I think the V6 does look good value... :wink:

Donald


----------



## T3 (Sep 24, 2006)

why does it always come down to money?
Money was irrelevant when I chose my 2.0TT

and the above post just proves how much better I think the 2.0TT is.
If you want value, you're looking at the wrong brand/ model etc...
How about a Vauxhall...


----------



## T3 (Sep 24, 2006)

kidding about Vauxhall ( or as we call it Opel)


----------



## TT2 Brilliant Red (Nov 1, 2006)

I think the 2.0T is a far better proposition.

For the following reasons:

Reviews only have a Rizzla paper between them.

2.0T is far easier to modify to obtain massive gains on standard.

Lets take a step back and look at what cars have been iconic in the Audi brand. The Rallying in the 80's - power came from a turbocharged engine. The RS2 - turbocharged engine. The first RS4 - turbocharged engine.
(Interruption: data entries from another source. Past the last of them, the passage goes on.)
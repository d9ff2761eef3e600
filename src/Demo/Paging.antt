-- ===== src/Demo/Paging.antt =====
-- Page faults: `swap_in_page`, `find_swappable_page`, `swap_out_page_data`, `swap_out_page`,
-- `unfix` and `mark_dirty` of demo_buffer_manager.cc. `none` is a loop that does not end, or an
-- access that ends the process or is undefined.
pub mod SwapOut
pub mod Evicted
pub mod Mapped
pub mod Frames
pub mod Contents
pub mod Kept
use dasim.Base.{
  ℕ, zero, suc, ◌+◌, ◌-◌, ◌*◌, ◌/◌, ◌%◌, ◌==◌, Bool, true, false, not, ◌&&◌, ◌||◌, Option, none,
  some, List, [], ◌∷◌, ◌++◌, lookup, erase, if◌then◌else◌, add64, ◌>>=◌,
}
use dasim.Types.{page_size, UnfixResult, MarkDirtyResult}
use dasim.Demo.Pte.{
  RegionPte, Region, make_present, make_swap, is_present, is_swapped, get_page_nr, get_swap_ix,
  get_pte,
}
use dasim.Demo.PageIo.{Bytes, blit, Os, write_loop, read_loop, page_fuel}
use dasim.Demo.State.{DemoBufferManager, PageInfo, update, is_anon, pte_at, set_pte}

unfoldable pub swap_in_page : Os → DemoBufferManager → ℕ → ℕ → Option DemoBufferManager
swap_in_page os s swapfd swap_ix = do
  tmp ← read_loop os page_fuel swapfd (s.files swapfd) (swap_ix * page_size) 0 s.tmp_page
  some (record s {
    tmp_page = tmp;
    free_swap_entries =
        if swapfd == s.swapfd then swap_ix ∷ s.free_swap_entries else s.free_swap_entries;
  })

-- The loop of `find_swappable_page` over m_used_pages from the iterator on. It returns the page,
-- its swap index, and what it leaves of m_free_swap_entries.
unfoldable pub find_from : DemoBufferManager → List ℕ → Option (ℕ × ℕ × List ℕ)
unfolding is_anon
find_from s [] = none
find_from s (page_nr ∷ it) =
    let next = find_from s it in
    let page = s.page_infos page_nr in
    lookup page.region_id s.regions >>= λ region.
    if is_anon s region
    then elim s.free_swap_entries [ [] ↦ next | swap_ix ∷ rest ↦ some (page_nr, swap_ix, rest) ]
    else some (page_nr, page.off, s.free_swap_entries)

unfoldable pub find_swappable_page : DemoBufferManager → Option (ℕ × ℕ × DemoBufferManager)
unfolding find_from
find_swappable_page s = find_from s s.used_pages >>= λ found.
    some (found.0, found.1, record s { free_swap_entries = found.2 })

unfoldable pub swap_out_page_data : Os → DemoBufferManager → ℕ → ℕ → ℕ → Option DemoBufferManager
swap_out_page_data os s page_nr swapfd swap_ix = do
  file ←
      write_loop os page_fuel s.shm (page_nr * page_size) swapfd (swap_ix * page_size) 0
        (s.files swapfd)
  some (record s { files = update s.files swapfd file })

-- `swap_out_page` from the choice of the page on. madvise() drops the kernel's page table entries of
-- the mapping, which hold no data.
unfoldable pub page_out : Os → DemoBufferManager → ℕ → ℕ → Option DemoBufferManager
unfolding is_anon make_swap
page_out os s page_nr swap_ix = do
  let page = s.page_infos page_nr
  region ← lookup page.region_id s.regions
  pte ← get_pte region page.off
  let s' = record s {
    used_pages = erase page.used_pages_it s.used_pages;
    regions = set_pte s.regions page.region_id page.off (make_swap pte swap_ix);
  }
  if not (is_anon s region) && not page.dirty
      then some s'
      else swap_out_page_data os s' page_nr region.swapfd swap_ix

unfoldable pub swap_out_page : Os → DemoBufferManager → Option (ℕ × DemoBufferManager)
unfolding find_swappable_page page_out
swap_out_page os s = do
  (page_nr, swap_ix, s1) ← find_swappable_page s
  s2 ← page_out os s1 page_nr swap_ix
  some (page_nr, s2)

-- The page frame that `unfix` maps: a free one, or one that it pages out.
unfoldable pub take_page : Os → DemoBufferManager → Option (ℕ × DemoBufferManager)
unfolding swap_out_page
take_page os s = elim s.free_pages [
  | [] ↦ swap_out_page os s
  | page_nr ∷ rest ↦ some (page_nr, record s { free_pages = rest })
]

-- The end of `unfix`, from the insertion into m_used_pages on. The segment's address is mapped to
-- the frame by then, so memcpy() and memset() there write the frame.
unfoldable pub map_page :
    DemoBufferManager → Region → ℕ → ℕ → Bool → ℕ → Option (UnfixResult × DemoBufferManager)
unfolding is_swapped make_present pte_at
map_page s region id poff write page_nr = do
  pte ← pte_at s.regions id poff
  let swapped = is_swapped pte
  let dirty = if swapped then write else true
  let source = if swapped then s.tmp_page else (λ _. b'a')
  some (
    record {
      from = add64 region.addr (poff * page_size);
      size = page_size;
      mapping_changed = true;
      writeprotect = not dirty;
    },
    record s {
      used_pages = s.used_pages ++ page_nr ∷ [];
      page_infos =
          update s.page_infos page_nr
            (record { region_id = id; off = poff; used_pages_it = page_nr; dirty = dirty });
      shm = blit s.shm (page_nr * page_size) source 0 page_size;
      regions = set_pte s.regions id poff (make_present pte page_nr);
    },
  )

-- `unfix` where the entry is present.
unfoldable pub unfix_present :
    DemoBufferManager → Region → ℕ → Bool → RegionPte → Option (UnfixResult × DemoBufferManager)
unfolding get_page_nr
unfix_present s region poff write pte = do
  page_nr ← get_page_nr pte
  some (
    record {
      from = add64 region.addr (poff * page_size);
      size = page_size;
      mapping_changed = false;
      writeprotect = false;
    },
    record s {
      page_infos = update s.page_infos page_nr (record (s.page_infos page_nr) { dirty = write });
    },
  )

-- `unfix` where it is not.
unfoldable pub unfix_absent :
    Os
    → DemoBufferManager
    → Region
    → ℕ
    → ℕ
    → Bool
    → RegionPte
    → Option (UnfixResult × DemoBufferManager)
unfolding is_swapped get_swap_ix swap_in_page take_page map_page
unfix_absent os s region id poff write pte = do
  s1 ←
      if is_swapped pte
      then (get_swap_ix pte >>= λ swap_ix. swap_in_page os s region.swapfd swap_ix)
      else some s
  (page_nr, s2) ← take_page os s1
  map_page s2 region id poff write page_nr

unfoldable pub unfix :
    Os → DemoBufferManager → ℕ → ℕ → Bool → Option (UnfixResult × DemoBufferManager)
unfolding get_pte is_present unfix_present unfix_absent
unfix os s id off write = do
  region ← lookup id s.regions
  pte ← get_pte region (off / page_size)
  if is_present pte
      then unfix_present s region (off / page_size) write pte
      else unfix_absent os s region id (off / page_size) write pte

unfoldable pub mark_dirty : DemoBufferManager → ℕ → ℕ → Option (MarkDirtyResult × DemoBufferManager)
unfolding get_pte is_present get_page_nr
mark_dirty s id off = do
  region ← lookup id s.regions
  pte ← get_pte region (off / page_size)
  s' ←
      if is_present pte
      then (get_page_nr pte >>= λ page_nr. some (record s {
        page_infos = update s.page_infos page_nr (record (s.page_infos page_nr) { dirty = true });
      }))
      else some s
  some (
    record {
      from = add64 region.addr ((off / page_size) * page_size);
      size = page_size;
      writeunprotect = is_present pte;
    },
    s',
  )
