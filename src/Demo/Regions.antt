-- ===== src/Demo/Regions.antt =====
-- The life of a region: `add_region`, `allocate`, `free`, `anchor`, `unanchor`,
-- `get_anchored_region` and the destructor of demo_buffer_manager.cc. An operation returns its
-- code and its output arguments beside the state; `none` is a write loop that does not end, or an
-- access that ends the process or is undefined.
pub mod Free
pub mod Allocated
pub mod Lifetime
use dasim.Base.{
  ℕ, ◌/◌, ◌%◌, ◌==◌, Bool, true, false, not, ◌&&◌, ◌||◌, Option, none, some, List, [], ◌∷◌, ◌++◌,
  Map, lookup, insert, emplace, remove, contains, erase, ltb, if◌then◌else◌, add64, sub64, ◌>>=◌,
}
use dasim.Types.{page_size, Properties, Persistency, AnchoredRegion, enoent, enomem, eexist, einval}
use dasim.Demo.Pte.{RegionPte, Region, new_region, is_present, is_swapped, get_page_nr, get_swap_ix}
use dasim.Demo.PageIo.{Os, OpenResult, opened, open_failed, init_pages}
use dasim.Demo.State.{DemoBufferManager, is_anon, update}
use dasim.Demo.Paging.{swap_out_page_data}

unfoldable pub add_region :
    Os → DemoBufferManager → ℕ → ℕ → ℕ → Bool → Bool → ℕ → ℕ × ℕ × DemoBufferManager
unfolding new_region
add_region os s id size swapfd persistent anchored addr_out =
    let addr = os.reserve size in
    if addr == 0 then (enomem, addr_out, s) else (
      0,
      addr,
      record s { regions = emplace id (new_region addr size swapfd persistent anchored) s.regions },
    )

abbrev pub is_persistent : Properties → Bool
is_persistent properties = elim properties.persistency [
  | Persistency.nonpersistent ↦ false
  | Persistency.persistent ↦ true
]

-- The last part of `allocate`, with the backing file open.
unfoldable pub add_new_region :
    Os → DemoBufferManager → ℕ → ℕ → ℕ → Bool → ℕ → Option (ℕ × ℕ × DemoBufferManager)
unfolding add_region
add_new_region os s id size swapfd persistent addr_out =
    let (ret, addr, s') = add_region os s id size swapfd persistent false addr_out in
    if not (ret == 0)
    then some (ret, addr, s')
    else if persistent
    then (init_pages os (size / page_size) 0 swapfd (s'.files swapfd) >>= λ file.
        some (0, addr, record s' { files = update s'.files swapfd file }))
    else some (0, addr, s')

-- The branch of `allocate` for a persistent region.
unfoldable pub allocate_file :
    Os → DemoBufferManager → ℕ → ℕ → ℕ → Option (ℕ × ℕ × DemoBufferManager)
unfolding add_new_region
allocate_file os s id size addr_out = elim (os.create_file id) [
  | open_failed errsv ↦ some (if errsv == eexist then eexist else enomem, addr_out, s)
  | opened swapfd ↦
      if os.truncate_fails swapfd size
      then some (enomem, addr_out, s)
      else add_new_region os s id size swapfd true addr_out
]

-- `size & PAGE_MASK` is the remainder by the page size.
unfoldable pub allocate :
    Os → DemoBufferManager → ℕ → ℕ → Properties → ℕ → Option (ℕ × ℕ × DemoBufferManager)
unfolding add_new_region allocate_file
allocate os s id size properties addr_out =
    if contains id s.regions
    then some (eexist, addr_out, s)
    else if size == 0 || not (size % page_size == 0)
    then some (einval, addr_out, s)
    else if is_persistent properties
    then allocate_file os s id size addr_out
    else if ltb s.nr_available_pages (size / page_size)
    then some (enomem, addr_out, s)
    else add_new_region os
        (record s { nr_available_pages = sub64 s.nr_available_pages (size / page_size) }) id size
        s.swapfd false addr_out

-- The body of the loop of `free`, for one entry of the region that is already out of m_regions.
unfoldable pub free_pte : Os → Region → RegionPte → DemoBufferManager → Option DemoBufferManager
unfolding is_present is_swapped get_page_nr get_swap_ix is_anon swap_out_page_data
free_pte os region pte s =
    if is_present pte
    then (get_page_nr pte >>= λ page_nr.
        let info = s.page_infos page_nr in
        let s' : DemoBufferManager = record s {
          used_pages = erase info.used_pages_it s.used_pages;
          free_pages = s.free_pages ++ page_nr ∷ [];
        } in
        if not (is_anon s region) && info.dirty
        then swap_out_page_data os s' page_nr region.swapfd info.off
        else some s')
    else if is_swapped pte && is_anon s region
    then (get_swap_ix pte >>= λ swap_ix.
        some (record s { free_swap_entries = swap_ix ∷ s.free_swap_entries }))
    else some s

unfoldable pub free_ptes :
    Os → Region → List RegionPte → DemoBufferManager → Option DemoBufferManager
unfolding free_pte
free_ptes os region [] s = some s
free_ptes os region (pte ∷ ptes) s = elim (free_pte os region pte s) [
  | none ↦ none
  | some s' ↦ free_ptes os region ptes s'
]

-- The file of a persistent region is unlinked and closed, which the answers of later calls show.
unfoldable pub free_region : Os → Region → DemoBufferManager → Option DemoBufferManager
unfolding free_ptes is_anon
free_region os region s = do
  s' ← free_ptes os region region.ptes s
  some (
      if is_anon s' region
      then record s' { nr_available_pages = add64 s'.nr_available_pages (region.size / page_size) }
      else s')

unfoldable pub free : Os → DemoBufferManager → ℕ → Option DemoBufferManager
unfolding free_region
free os s id = elim (lookup id s.regions) [
  | none ↦ some s
  | some region ↦
      if region.anchored
      then some s
      else free_region os region (record s { regions = remove id s.regions })
]

unfoldable pub anchor : DemoBufferManager → ℕ → ℕ × DemoBufferManager
unfolding is_anon
anchor s id = elim (lookup id s.regions) [
  | none ↦ (enoent, s)
  | some region ↦
      if is_anon s region
      then (einval, s)
      else (0, record s { regions = insert id (record region { anchored = true }) s.regions })
]

unfoldable pub unanchor : DemoBufferManager → ℕ → ℕ × DemoBufferManager
unanchor s id = elim (lookup id s.regions) [
  | none ↦ (enoent, s)
  | some region ↦
      (0, record s { regions = insert id (record region { anchored = false }) s.regions })
]

unfoldable pub get_anchored_region :
    Os → DemoBufferManager → ℕ → AnchoredRegion → ℕ × AnchoredRegion × DemoBufferManager
unfolding add_region
get_anchored_region os s id out = elim (lookup id s.regions) [
  | some region ↦ (0, record { addr = region.addr; size = region.size }, s)
  | none ↦ elim (os.open_file id) [
    | none ↦ (enoent, out, s)
    | some swapfd ↦ elim (os.file_size swapfd) [
      | none ↦ (enoent, out, s)
      | some size ↦
          let (ret, addr, s') = add_region os s id size swapfd true true out.addr in
          (ret, record { addr = addr; size = size }, s')
    ]
  ]
]

-- The loop of the destructor: dirty pages of persistent regions are written back.
unfoldable pub destroy_pages : Os → List ℕ → DemoBufferManager → Option DemoBufferManager
unfolding is_anon swap_out_page_data
destroy_pages os [] s = some s
destroy_pages os (page_nr ∷ pages) s =
    let page = s.page_infos page_nr in
    elim (lookup page.region_id s.regions) [
      | none ↦ none
      | some region ↦
          if not (is_anon s region) && page.dirty
          then elim (swap_out_page_data os s page_nr region.swapfd page.off) [
            | none ↦ none
            | some s' ↦ destroy_pages os pages s'
          ]
          else destroy_pages os pages s
    ]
And last but not least - why buy a car when the engine is going to be dated in a few months. Even VW have started replacing the 3.2's with 3.6's.


----------



## DonaldC (May 7, 2002)

T3 said:


> why does it always come down to money?
> Money was irrelevant when I chose my 2.0TT
> 
> and the above post just proves how much better I think the 2.0TT is.
> ...


 [smiley=sleeping.gif]

You know what...money was also irrelevant to my decision. I chose because I wanted quattro which made more sense to the roads I travel in Scotland, especially the ones I take my mountain bike to! How 'the' above post proves how much better the 2.0 is a stupid remark. I posted the thread link so the quote could be viewed in context. There has been a lot of discussion for months and in this thread about cost of difference between the models and I thought people might find the info and thread useful in their decisions and debate. Obviously it has helped you so I'm very glad!

I stand by my statement that the V6 can be considered good value within the context of my post! It would be quite easy to start a thread on the general waste of money and poor value of all cars, even/especially vauxhalls!

Less of the attitude.... :wink:

Donald


----------



## Toshiba (Jul 8, 2004)

TT2 Brilliant Red said:


> . Even VW have started replacing the 3.2's with 3.6's.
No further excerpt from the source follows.